Depuis le premier LearJet privé construit en 1963 pour l’investisseur Bill Lear, le modèle de la location de jet privé est resté inchangé. Lorsque quelqu’un cherche à acheter un vol en jet privé, il contacte traditionnellement un broker qui regarde plusieurs options sur le marché et les envoie au client avec une commission qui peut aller jusqu’à 50%. Le client achète ensuite le vol au broker sans savoir quel prix l’intermédiaire a payé pour ce même vol.

Par exemple, sur un vol Nice-Paris à bord d’un grand jet privé comme un Challenger 850, le propriétaire pourrait vendre le vol à 9 000 € à l’intermédiaire tandis que le client paierait 18 000 €. C’est en éliminant ce surplus de 50% que la start-up Central Jets continue à accroître sa part du marché à vitesse grand V.

Fondé fin 2018 par le groupe monégasque Seastems et Ian Malouf, 188ème fortune d’Australie, Central Jets mise sur la tech et des grands volumes pour faire économiser des millions à ses clients.
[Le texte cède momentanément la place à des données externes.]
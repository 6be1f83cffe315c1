-- ===== src/Peers/Enabled.antt =====
-- src/server/peer-service.ts, lines 186 to 205: what enabling and disabling a peer leaves in the
-- database and on the router.
use wireguard_panel.Base.{
  ℕ, ◌≡◌, ◌≢◌, Option, none, refl, sym, subst, ◌∙◌, Bool, true, false, not, ◌&&◌, List, [], ◌∷◌,
  some, find, map, arith, Bool-cases, inl, inr, All,
}
use wireguard_panel.Base.Text.{Text}
use wireguard_panel.Routeros.Types.{RemoteWireGuardPeer}
use wireguard_panel.Traffic.Rows.{DisabledReason}
use wireguard_panel.Peers.World.{
  PeerRecord, World, has_remote_id, is_remote, is_record, on_record, set_disabled, with_disabled,
  disabled_by_limit,
}
use wireguard_panel.Peers.Handlers.{
  is_quota_reason, next_fingerprint, enabled_row, set_peer_enabled,
}
use wireguard_panel.Peers.Logic.{
  Ends, and_then-Ends, and_then-ok, Ends-weaken, call-Ends, check-Ends, get_peers-Ends, SameRows,
  SameRows-refl,
}
use wireguard_panel.Peers.Left.{find-on_record, find-id}
use wireguard_panel.Peers.Deleted.{mutable_peer-found, assert_current_remote-Ends}

-- The router's peers of an identifier have a flag.
abbrev pub HaveFlag : Text → Bool → List RemoteWireGuardPeer → Type 0
HaveFlag id b peers = All (λ p. has_remote_id id p ≡ true → p.disabled ≡ b) peers

pub set_disabled-HaveFlag :
    (id : Text) (b : Bool) (peers : List RemoteWireGuardPeer)
    → HaveFlag id b (map (set_disabled id b) peers)
set_disabled-HaveFlag id b [] = tt
set_disabled-HaveFlag id b (p ∷ peers) = elim (Bool-cases (has_remote_id id p)) [
  | inl e ↦ rw e ((λ _. refl), set_disabled-HaveFlag id b peers)
  | inr e ↦ rw e ((λ h. cc), set_disabled-HaveFlag id b peers)
]

-- The tables and the rows are as they were.
pub record SameTables (w w' : World) : Type 0 where
  pub tables : w'.tables ≡ w.tables
  pub records : w'.records ≡ w.records

same_tables : {w w' : World} → SameRows w w' → SameTables w w'
same_tables s = record { tables = s.tables; records = s.records }

same_but :
    {w w1 : World} (w2 : World)
    → w2.tables ≡ w1.tables
    → w2.records ≡ w1.records
    → SameTables w w1
    → SameTables w w2
same_but w2 t r s = record { tables = t ∙ s.tables; records = r ∙ s.records }

not_by_quota :
    (enabled : Bool) (reason : Option DisabledReason)
    → enabled && is_quota_reason reason ≡ false
    → enabled ≡ true
    → reason ≢ some DisabledReason.quota
not_by_quota enabled reason h e q = ground (arith, h, e, q)

module _ (fingerprint : RemoteWireGuardPeer → Text) where
  -- The row after it, column by column.
  pub record RowIsSwitched (enabled : Bool) (reason : DisabledReason) (row after : PeerRecord)
      (updated : Option RemoteWireGuardPeer) : Type 0 where
    pub disabled : after.disabled ≡ not enabled
    pub on_expired : enabled ≡ true → after.expired ≡ false
    pub on_reason : enabled ≡ true → after.disabled_reason ≡ none
    pub on_bypass : enabled ≡ true → after.quota_bypass_until ≡ row.quota_bypass_until
    pub off_expired : enabled ≡ false → after.expired ≡ row.expired
    pub off_reason : enabled ≡ false → after.disabled_reason ≡ some reason
    pub off_bypass : enabled ≡ false → after.quota_bypass_until ≡ none
    pub fingerprint_seen :
        (p : RemoteWireGuardPeer)
        → updated ≡ some p
        → after.remote_fingerprint ≡ some (fingerprint p)
    pub fingerprint_kept : updated ≡ none → after.remote_fingerprint ≡ row.remote_fingerprint
    pub others : after ≡ record row {
      disabled = after.disabled;
      expired = after.expired;
      disabled_reason = after.disabled_reason;
      quota_bypass_until = after.quota_bypass_until;
      remote_fingerprint = after.remote_fingerprint;
    }

  enabled_row-RowIsSwitched :
      (enabled : Bool) (reason : DisabledReason) (row : PeerRecord)
      (updated : Option RemoteWireGuardPeer)
      → RowIsSwitched enabled reason row
          (enabled_row enabled reason (next_fingerprint fingerprint row updated) row)
          updated
  enabled_row-RowIsSwitched enabled reason row updated = record {
    disabled = refl;
    on_expired = λ e. rw e refl;
    on_reason = λ e. rw e refl;
    on_bypass = λ e. rw e refl;
    off_expired = λ e. rw e refl;
    off_reason = λ e. rw e refl;
    off_bypass = λ e. rw e refl;
    fingerprint_seen = λ p e. rw e refl;
    fingerprint_kept = λ e. rw e refl;
    others = refl;
  }

  -- The row and the router's peer of the row agree on the flag, and the row has the fingerprint of the
  -- router's peer as it was read last.
  pub record IsSwitched (enabled : Bool) (reason : DisabledReason) (row : PeerRecord) (w w' : World)
      : Type 0 where
    pub remote : RemoteWireGuardPeer
    pub was : find (is_remote row) w.router_peers ≡ some remote
    pub on_router : HaveFlag remote.id (not enabled) w'.router_peers
    pub allowed : enabled ≡ true → row.disabled_reason ≢ some DisabledReason.quota
    pub after : PeerRecord
    pub in_database : find (is_record row.id) w'.records ≡ some after
    pub row_switched :
        RowIsSwitched enabled reason row after (find (has_remote_id remote.id) w'.router_peers)
    pub tables : w'.tables ≡ w.tables

  in_database :
      (enabled : Bool) (reason : DisabledReason) (remote : RemoteWireGuardPeer) (row : PeerRecord)
      (records : List PeerRecord) {read peers : List RemoteWireGuardPeer}
      → read ≡ peers
      → find (is_record row.id) records ≡ some row
      → find (is_record row.id) (
          map
            (on_record row.id (
              enabled_row enabled reason
                (next_fingerprint fingerprint row (find (has_remote_id remote.id) read))))
            records)
        ≡ some (
            enabled_row enabled reason
              (next_fingerprint fingerprint row (find (has_remote_id remote.id) peers))
              row)
  in_database enabled reason remote row records same h =
      rw same (find-on_record row.id _ records row (λ p. refl) h)

  switched :
      (enabled : Bool) (reason : DisabledReason) (row : PeerRecord) (w : World)
      → find (is_record row.id) w.records ≡ some row
      → Ends
          (λ _ w'. IsSwitched enabled reason row w w')
          (λ w'. SameTables w w')
          (set_peer_enabled fingerprint row.id enabled reason w)
  unfolding set_peer_enabled
  switched enabled reason row w h = rw (mutable_peer-found row.id row w h) (
      and_then-ok _ (
        and_then-Ends _
          (check-Ends
            {P = λ _ w'. (w' ≡ w) × (enabled && is_quota_reason row.disabled_reason ≡ false)}
            {E = λ w'. SameTables w w'} (not (enabled && is_quota_reason row.disabled_reason))
            disabled_by_limit w (λ e. (refl, ground (arith, e))) (same_tables (SameRows-refl w)))
          (λ _ w1 h1.
            and_then-Ends _
              (Ends-weaken
                {Q = λ remote w'.
                  SameTables w w' × (find (is_remote row) w.router_peers ≡ some remote)}
                {F = λ w'. SameTables w w'} (assert_current_remote-Ends fingerprint row w1)
                (λ remote w2 h2. (rw (sym h1.0) (same_tables h2.0.rows), rw (sym h1.0) h2.1))
                (λ w2 s. rw (sym h1.0) (same_tables s)))
              (λ remote w2 h2.
                and_then-Ends _
                  (call-Ends
                    {P = λ _ w'. SameTables w w' × HaveFlag remote.id (not enabled) w'.router_peers}
                    {E = λ w'. SameTables w w'} (with_disabled remote.id (not enabled)) w2
                    (
                      same_but _ refl refl h2.0,
                      set_disabled-HaveFlag remote.id (not enabled) w2.router_peers,
                    )
                    (same_but _ refl refl h2.0) (same_but _ refl refl h2.0))
                  (λ _ w3 h3.
                    and_then-Ends _
                      (get_peers-Ends
                        {P = λ peers w'.
                          SameTables w w'
                          × HaveFlag remote.id (not enabled) w'.router_peers
                          × (peers ≡ w'.router_peers)}
                        {E = λ w'. SameTables w w'} w3 (same_but _ refl refl h3.0, h3.1, refl)
                        (same_but _ refl refl h3.0))
                      (λ peers w4 h4. record {
                        ends = record {
                          remote = remote;
                          was = h2.1;
                          on_router = h4.1;
                          allowed = not_by_quota enabled row.disabled_reason h1.1;
                          after = _;
                          row_switched =
                              enabled_row-RowIsSwitched enabled reason row
                                (find (has_remote_id remote.id) w4.router_peers);
                          in_database =
                              in_database enabled reason remote row w4.records h4.2
                                (rw h4.0.records h);
                          tables = h4.0.tables;
                        };
                      }))))))

  -- A peer is enabled or disabled, whatever the router answers. When it succeeds, the router's peers
  -- with the identifier of the one that was the row's have the flag, the row has it too, with the
  -- reason and the fingerprint that belong to it, and the peer was not enabled against a quota. When
  -- it fails, the tables of addresses and the rows are as they were.
  pub set_peer_enabled-IsSwitched :
      (peer_id : ℕ) (enabled : Bool) (reason : DisabledReason) (row : PeerRecord) (w : World)
      → find (is_record peer_id) w.records ≡ some row
      → Ends
          (λ _ w'. IsSwitched enabled reason row w w')
          (λ w'. SameTables w w')
          (set_peer_enabled fingerprint peer_id enabled reason w)
  set_peer_enabled-IsSwitched peer_id enabled reason row w h =
      let same = find-id peer_id w.records row h in
      subst
        (λ id.
          Ends (λ _ w'. IsSwitched enabled reason row w w') (λ w'. SameTables w w')
            (set_peer_enabled fingerprint id enabled reason w))
        same
        (switched enabled reason row w
          (subst (λ id. find (is_record id) w.records ≡ some row) (sym same) h))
Par sa plateforme en ligne, n’importe qui peut y envoyer une demande de vol et recevoir instantanément les prix disponible pour chaque avion dans la zone et en direct du propriétaire, sans commissions.

Avec plus de 10 000 avions disponibles à travers Central Jets, la start-up aide ensuite ses utilisateurs à planifier leurs vols avec une équipe de concierges disponibles 24/7 suivant tout le vol de A-Z. Pour pouvoir acheter des vols à travers Central Jets, ses utilisateurs payent simplement un abonnement de 199 €/mois tandis que les propriétaires d’avions reversent 2,9% des revenus reçus sur les vols.

Parmi les clients de Central Jets on trouve à la fois des grandes fortunes européennes à la recherche de Falcon 7X mais aussi des entrepreneurs qui voyagent sur des Citation Mustang. Plus de 2 millions € de vols ont déjà été achetés à travers Central Jets cet été avant même le mois d’août. Un concept permettant à ses utilisateurs de louer les mêmes avions à des prix nettement inférieurs.

Central Jets entre sur le marché de l’aviation d’affaires alors que celui-ci est en pleine consolidation. JetSmarter, valorisé en 2016 à plus d’1 milliard €, vient d’être racheté par le géant VistaJet dans un échange d’actions. Ce dernier, lui-même valorisé à plus de 2 milliards a également racheté XOJet quelques mois avant dans un déluge de M&A dans le secteur. En 2018, c’est le broker PrivateFly qui était racheté par le holding Directional Aviation, qui compte déjà dans son portefeuille Nextant Aerospace, Sirio et FlexJet parmi d’autres marques.

Soutenu par un marché en pleine croissance, les opérateurs de jet privé qui, au préalable se concentraient majoritairement sur la gestion d’avions de leurs clients, multiplient également les acquisitions d’avions eux-mêmes pour les louer à travers des plateformes comme Central Jets. AirX, basé à Malte, dispose maintenant d’une flotte de 18 jets privés, monétisés par l’intermédiaire de plateformes et de brokers exclusivement. Parmi ses concurrents, Air Hamburg avec une flotte de plus de 31 avions et VistaJet qui en compte maintenant plus de 80 avec pour actionnaire majoritaire le milliardaire Thomas Flhor. AirX serait en train de préparer en IPO dans les trimestres à venir.